Strong-sense stationarity is the type that we are dealing with in the bandit scenario, because each bandit has the same distribution every time we pull its arm. The question is, what if our bandits were not stationary? Would it then make sense to calculate the mean as we have been?

10.1 Mean Update Equation¶

Recall the mean update equation that we went over earlier:

$$\bar{X}_t = (1 - \frac{1}{t})\bar{X}_{t-1} + \frac{1}{t}X_t$$

Let's call $\bar{X}$, $Q$ for convenience: $$Q_t = \bar{X}_t$$

$$Q_t = (1 - \frac{1}{t})Q_{t-1} + \frac{1}{t}X_t$$

We can rearrange the terms, so that we have the $\frac{1}{t}$ term all by itself:

$$Q_t = Q_{t-1} - \frac{1}{t}(Q_{t-1} - X_t)$$

We can generalize this even further, so that the $\frac{1}{t}$ term is represented by a learning rate $\alpha$, so it kind of looks like gradient descent.
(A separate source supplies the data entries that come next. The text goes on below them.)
-- ===== src/Core/Agent/Reading.antt =====
-- What `Agent._step` reads a reply as, and the texts and messages that it composes.
use Prim.Native.String.{◌++◌ as ◌⧺◌}
use simple_ai_agent.Common.{
  String, Bool, true, false, Option, none, some, List, [], ◌∷◌, eqb, length, if◌then◌else◌,
}
use simple_ai_agent.Core.Json.{Members, no_member, as_object}
use simple_ai_agent.Core.Protocol.{
  Loaded, loaded, Reader, ToolCall, Kind, ParsedResponse, of_calls, parse, is_empty,
}
use simple_ai_agent.Core.Agent.{
  NativeArguments, encoded, decoded, no_arguments, other_arguments, NativeToolCall,
  NativeToolOutput, Reply, plain, response, success, failed, skipped, BatchToolRecord, Role, words,
  tool_result, batch_result, Message, said, answers,
}

unfoldable pub is_nil : {A : Type 0} → List A → Bool
is_nil [] = true
is_nil (x ∷ xs) = false

-- `zip(…, strict=False)`
unfoldable pub zip : {A B : Type 0} → List A → List B → List (A × B)
zip [] ys = []
zip (x ∷ xs) [] = []
zip (x ∷ xs) (y ∷ ys) = (x, y) ∷ zip xs ys

-- `_messages_with_context`: the only messages of the system are its prompts.
unfoldable pub messages_with_context : String → List Message → List Message
messages_with_context context (said Role.system (words base) ∷ rest) =
    said Role.system (words (if is_empty base then context else base ⧺ "\n\n" ⧺ context)) ∷ rest
messages_with_context context messages = said Role.system (words context) ∷ messages

-- `_is_effectively_empty`
unfoldable pub is_effectively_empty : ParsedResponse → Bool
is_effectively_empty parsed = elim parsed.kind [
  | Kind.tool ↦ eqb (length parsed.tool_calls) 0
  | Kind.final ↦ elim parsed.final [ none ↦ true | some s ↦ is_empty s ]
  | Kind.invalid ↦ true
]

-- `a or b` on texts that may be missing.
unfoldable pub text_or : Option String → String → String
text_or none s = s
text_or (some t) s = if is_empty t then s else t

-- The text of a record for the model.
unfoldable pub output_of : BatchToolRecord → String
unfolding text_or
output_of r = elim r.status [
  | success ↦ text_or r.observation ""
  | failed ↦ text_or r.error (text_or r.observation "Tool failed.")
  | skipped ↦ text_or r.observation "Skipped due to earlier failure in fail-fast batch."
]

-- What a reply is taken for: the response, the native calls, and the text.
pub record Interpreted : Type 0 where
  pub parsed : ParsedResponse
  pub native : List NativeToolCall
  pub reply : String

unfoldable pub outputs_of : List (BatchToolRecord × NativeToolCall) → List NativeToolOutput
unfolding output_of
outputs_of [] = []
outputs_of (entry ∷ rest) =
    record { call_id = (entry.1).id; output = output_of (entry.0) } ∷ outputs_of rest

-- `_append_chat_completions_tool_results`
unfoldable pub results_of : List (BatchToolRecord × NativeToolCall) → List Message
unfolding output_of
results_of [] = []
results_of (entry ∷ rest) = answers (entry.1) (output_of (entry.0)) ∷ results_of rest

-- `_append_tool_records_for_local_memory`
unfoldable pub memory_of : List BatchToolRecord → Message
unfolding text_or
memory_of (r ∷ []) =
    said Role.user (tool_result r.action (text_or r.observation (text_or r.error "")))
memory_of records = said Role.user (batch_result records)

module _ (reader : Reader) where
  unfoldable pub loaded_object : Loaded → Option Members
  unfolding as_object
  loaded_object (loaded j) = as_object j
  loaded_object _ = none

  -- The arguments of a native call as a dictionary; `none` for an exception.
  unfoldable pub arguments_of : NativeArguments → Option Members
  unfolding loaded_object
  arguments_of (encoded s) =
      let stripped = reader.strip s in
      if is_empty stripped then some no_member else loaded_object (reader.loads stripped)
  arguments_of (decoded m) = some m
  arguments_of no_arguments = some no_member
  arguments_of other_arguments = none

  unfoldable pub add_normal :
      String → Option Members → Option (List ToolCall) → Option (List ToolCall)
  add_normal name (some m) (some calls) = some (record { action = name; tool_input = m } ∷ calls)
  add_normal name _ _ = none

  -- The loop over the native calls; `none` for an exception.
  unfoldable pub normalize : List NativeToolCall → Option (List ToolCall)
  unfolding arguments_of add_normal
  normalize [] = some []
  normalize (tc ∷ rest) = add_normal tc.name (arguments_of tc.arguments) (normalize rest)

  -- What a text without native calls is taken for; `none` for an exception of `parse`.
  unfoldable pub parsed_text : String → Option ParsedResponse → Option Interpreted
  parsed_text text none = none
  parsed_text text (some r) = some (record { parsed = r; native = []; reply = text })

  unfoldable pub interpret_calls : String → List NativeToolCall → Option Interpreted
  unfolding parse parsed_text normalize of_calls
  interpret_calls text [] = parsed_text text (parse reader text)
  interpret_calls text (tc ∷ rest) = elim (normalize (tc ∷ rest)) [
    | none ↦ none
    | some calls ↦ some (record { parsed = of_calls calls; native = tc ∷ rest; reply = text })
  ]

  unfoldable pub interpret : Reply → Option Interpreted
  unfolding parse parsed_text interpret_calls text_or
  interpret (plain text) = parsed_text text (parse reader text)
  interpret (response content calls) = interpret_calls (text_or content "") calls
The key with this equation is that we don't have to use $\alpha = \frac{1}{t}$ as the learning rate. We can rewrite our above equation as:

$$Q_t = (1 - \alpha)Q_{t-1} + \alpha X_t$$

If we get rid of recurrence:

$$Q_t = \alpha \sum_{\tau = 0}^t (1 - \alpha)^\tau X_{t - \tau}$$

We can now see that $Q$ has an exponentially decaying dependence on $X$. This means that there is more emphasis on recent values of $X$, instead of past values of $X$, so it like a moving average or low pass filter.

import numpy as np
import matplotlib.pyplot as plt
import theano
import theano.tensor as T


X = 2*np.random.randn(300) + np.sin(np.linspace(0, 3*np.pi, 300))
plt.plot(X)
plt.title("original")
plt.show()

decay = T.scalar('decay')
sequence = T.vector('sequence')

def recurrence(x, last, decay):
  return (1-decay)*x + decay*last

outputs, _ = theano.scan(
  fn=recurrence,
  sequences=sequence,
  n_steps=sequence.shape[0],
  outputs_info=[np.float64(0)],
  non_sequences=[decay]
)

lpf = theano.function(
  inputs=[sequence, decay],
  outputs=outputs,
)

Y = lpf(X, 0.99)
plt.plot(Y)
plt.title("filtered")
plt.show()

Convergence Criteria for Q¶

There is a very popular result that is often seen in RL literature, which talks about the convergence of $Q$. The result is that $Q$ will converge if the sum of all $\alpha$'s is infinity:

$$\sum_{t=1}^\infty \alpha(t) = \infty$$

And the sum of all of all the squares of the $\alpha$'s is constant:

$$\sum_{t=1}^\infty \alpha (t)^2 < \infty$$

If you think back to calculus, it should be clear that a constant $\alpha$ will not meet these two conditions. However, $\alpha = \frac{1}{t}$ does! The reason that you often see a constant $\alpha$ use is because RL problems are often non stationary, and we do not want convergence! It does not make sense to calculate a sample mean, over every collected sample ever.